■ **What is required**:
Your task is to show every line in the listing below that includes "Status".

*** Excerpted records Section Begins ***

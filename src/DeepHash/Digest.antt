-- ===== src/DeepHash/Digest.antt =====
-- `parser_getDigest` against the deep hash of the transaction that the parsed object means.
use ledger_arweave.Base.{
  append-nil, ℕ, ◌-◌, ◌≤◌, ◌<◌, ◌≡◌, refl, sym, ap, ◌∙◌, [], ◌++◌, Option, none, some, Bytes, arith,
  ltb-false, length, take, take_all, replicate, All, IsByte,
}
use ledger_arweave.Status.{
  Step, ok, fail, ParserError, parser_unexpected_error, parser_unexpected_buffer_end, codes, within,
}
use ledger_arweave.Status
use ledger_arweave.Parser.{Context, Tx, parse}
use ledger_arweave.Parser.RoundTrip.{IsInBounds, parse-encode}
use ledger_arweave.Parser.Layout.{Transaction, IsSupported, encode, view}
use ledger_arweave.DeepHash.{Hash, DeepHash, zeroed, hash_transaction, get_digest, deliver}
use ledger_arweave.DeepHash.Tree.{deep_hash, transaction_tree}
use ledger_arweave.DeepHash.Gives.{
  Gives, InMemory, TagInMemory, Gives-start, Gives-then, Gives-last, Gives-hash_chunk,
  Gives-apply_digest_tags,
}

-- How the deep hash comes out of a buffer of `digest_len` bytes.
pub reported : ℕ → Option Bytes → Step Bytes
reported digest_len none = fail parser_unexpected_error (replicate digest_len 0)
reported digest_len (some h) = ok (take 48 h ++ replicate (digest_len - 48) 0)

module _ (sha384 : Hash) where
  Gives-hash_transaction :
      (memory : Bytes) (v : Tx)
      → IsInBounds (length memory) v
      → Gives
          (λ s. s.acc)
          (hash_transaction sha384 memory v)
          (deep_hash sha384 (transaction_tree (view memory v)))
  unfolding hash_transaction InMemory TagInMemory
  Gives-hash_transaction memory v b = Gives-start sha384 zeroed.acc 9 _ _ refl λ s.
      Gives-then sha384 s.acc _ _ _ _ (Gives-hash_chunk sha384 memory v.format s b.format_in) λ s.
        Gives-then sha384 s.acc _ _ _ _ (Gives-hash_chunk sha384 memory v.owner s b.owner_in) λ s.
          Gives-then sha384 s.acc _ _ _ _ (Gives-hash_chunk sha384 memory v.target s b.target_in)
            λ s.
              Gives-then sha384 s.acc _ _ _ _
                (Gives-hash_chunk sha384 memory v.quantity s b.quantity_in)
                λ s.
                  Gives-then sha384 s.acc _ _ _ _
                    (Gives-hash_chunk sha384 memory v.reward s b.reward_in)
                    λ s.
                      Gives-then sha384 s.acc _ _ _ _
                        (Gives-hash_chunk sha384 memory v.last_tx s b.last_tx_in)
                        λ s.
                          Gives-then sha384 s.acc _ _ _ _
                            (Gives-apply_digest_tags sha384 memory v s b.tags_in b.count_in)
                            λ s.
                              Gives-then sha384 s.acc _ _ _ _
                                (Gives-hash_chunk sha384 memory v.data_size s b.data_size_in)
                                λ s.
                                  Gives-last sha384 s.acc _ _
                                    (Gives-hash_chunk sha384 memory v.data_root s b.data_root_in)

  Gives-reported :
      (digest_len : ℕ) (m : Step DeepHash) (o : Option Bytes)
      → Gives (λ s. s.acc) m o
      → deliver (replicate digest_len 0) (
          Status.◌>>=◌ m
            λ dh. ok (record dh { acc = take 48 dh.acc ++ replicate (digest_len - 48) 0 }))
        ≡ reported digest_len o
  unfolding Gives deliver reported
  Gives-reported n (ok s) (some a) e = ap (λ (b : Bytes). ok (take 48 b ++ replicate (n - 48) 0)) e
  Gives-reported n (ok s) none e = absurd e
  Gives-reported n (fail c s) (some a) e = absurd e
  Gives-reported n (fail c s) none e = ap (λ (c : ParserError). fail c (replicate n 0)) e

  -- On a buffer of at least 48 bytes, `parser_getDigest` writes the deep hash of the tree of the
  -- nine fields that the parsed object means, with zeros behind it; where the hash function fails
  -- on the way, it reports an error and leaves zeros. The strings of the object lie in the memory.
  pub get_digest-deep_hash :
      (memory : Bytes) (v : Tx) (digest : Bytes) (digest_len : ℕ)
      → IsInBounds (length memory) v
      → 48 ≤ digest_len
      → get_digest sha384 memory v digest digest_len
        ≡ reported digest_len (deep_hash sha384 (transaction_tree (view memory v)))
  unfolding get_digest
  get_digest-deep_hash memory v digest digest_len b h =
      rw (ltb-false digest_len 48 h)
        (Gives-reported digest_len _ _ (Gives-hash_transaction memory v b))

-- Parsing the encoding of a supported transaction, with any bytes behind it, succeeds, and
-- `parser_getDigest` on the object then reports the deep hash of the transaction's nine fields,
-- whatever bytes follow, in a buffer of at least 48 bytes. The input is shorter than 65536 bytes.
pub parse-get_digest :
    (sha384 : Hash) (s : Context × Tx) (t : Transaction) (rest digest : Bytes) (digest_len : ℕ)
    → IsSupported t
    → All IsByte (encode t ++ rest)
    → length (encode t ++ rest) < 65536
    → length s.1.tags ≡ 16
    → 48 ≤ digest_len
    → (p : Context × Tx) × (parse s (some (encode t ++ rest)) (length (encode t ++ rest)) ≡ ok p)
      × (get_digest sha384 (encode t ++ rest) p.1 digest digest_len
          ≡ reported digest_len (deep_hash sha384 (transaction_tree t)))
parse-get_digest sha384 s t rest digest digest_len h bytes small room long =
    let r = parse-encode s t rest h bytes small room in
    (
      r.after,
      r.returns,
      get_digest-deep_hash sha384 (encode t ++ rest) r.after.1 digest digest_len r.bounds long
          ∙ ap (λ (u : Transaction). reported digest_len (deep_hash sha384 (transaction_tree u)))
              r.means,
    )

-- A deep hash of 48 bytes fills a buffer of 48.
pub reported-some : (h : Bytes) → length h ≡ 48 → reported 48 (some h) ≡ ok h
unfolding reported
reported-some h e =
    ap (λ (b : Bytes). ok (b ++ [])) (take_all 48 h (omega arith))
    ∙ ap (λ (b : Bytes). ok b) (append-nil h)

reported-ok :
    (o : Option Bytes) (digest : Bytes)
    → reported 48 o ≡ ok digest
    → (h : Bytes) × (o ≡ some h) × (digest ≡ take 48 h)
unfolding reported
reported-ok none digest e = absurd (cc)
reported-ok (some h) digest e = (h, refl, sym (ok_inj e) ∙ append-nil (take 48 h))
  where
    ok_inj : {x y : Bytes} → ◌≡◌ {A = Step Bytes} (ok x) (ok y) → x ≡ y
    ok_inj e = cc

-- The digest that `parser_getDigest` gives is the deep hash, which has room for 48 bytes.
pub get_digest-ok :
    (sha384 : Hash) (memory : Bytes) (v : Tx) (digest : Bytes)
    → IsInBounds (length memory) v
    → get_digest sha384 memory v (replicate 48 0) 48 ≡ ok digest
    → (h : Bytes) × (deep_hash sha384 (transaction_tree (view memory v)) ≡ some h)
      × (digest ≡ take 48 h)
get_digest-ok sha384 memory v digest b e =
    reported-ok _ digest
      (sym (get_digest-deep_hash sha384 memory v (replicate 48 0) 48 b (omega arith)) ∙ e)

*** Excerpted records Section Ends ***

■ **Your solution**:
use ledger_arweave.Status.{
use ledger_arweave.Status
          Status.◌>>=◌ m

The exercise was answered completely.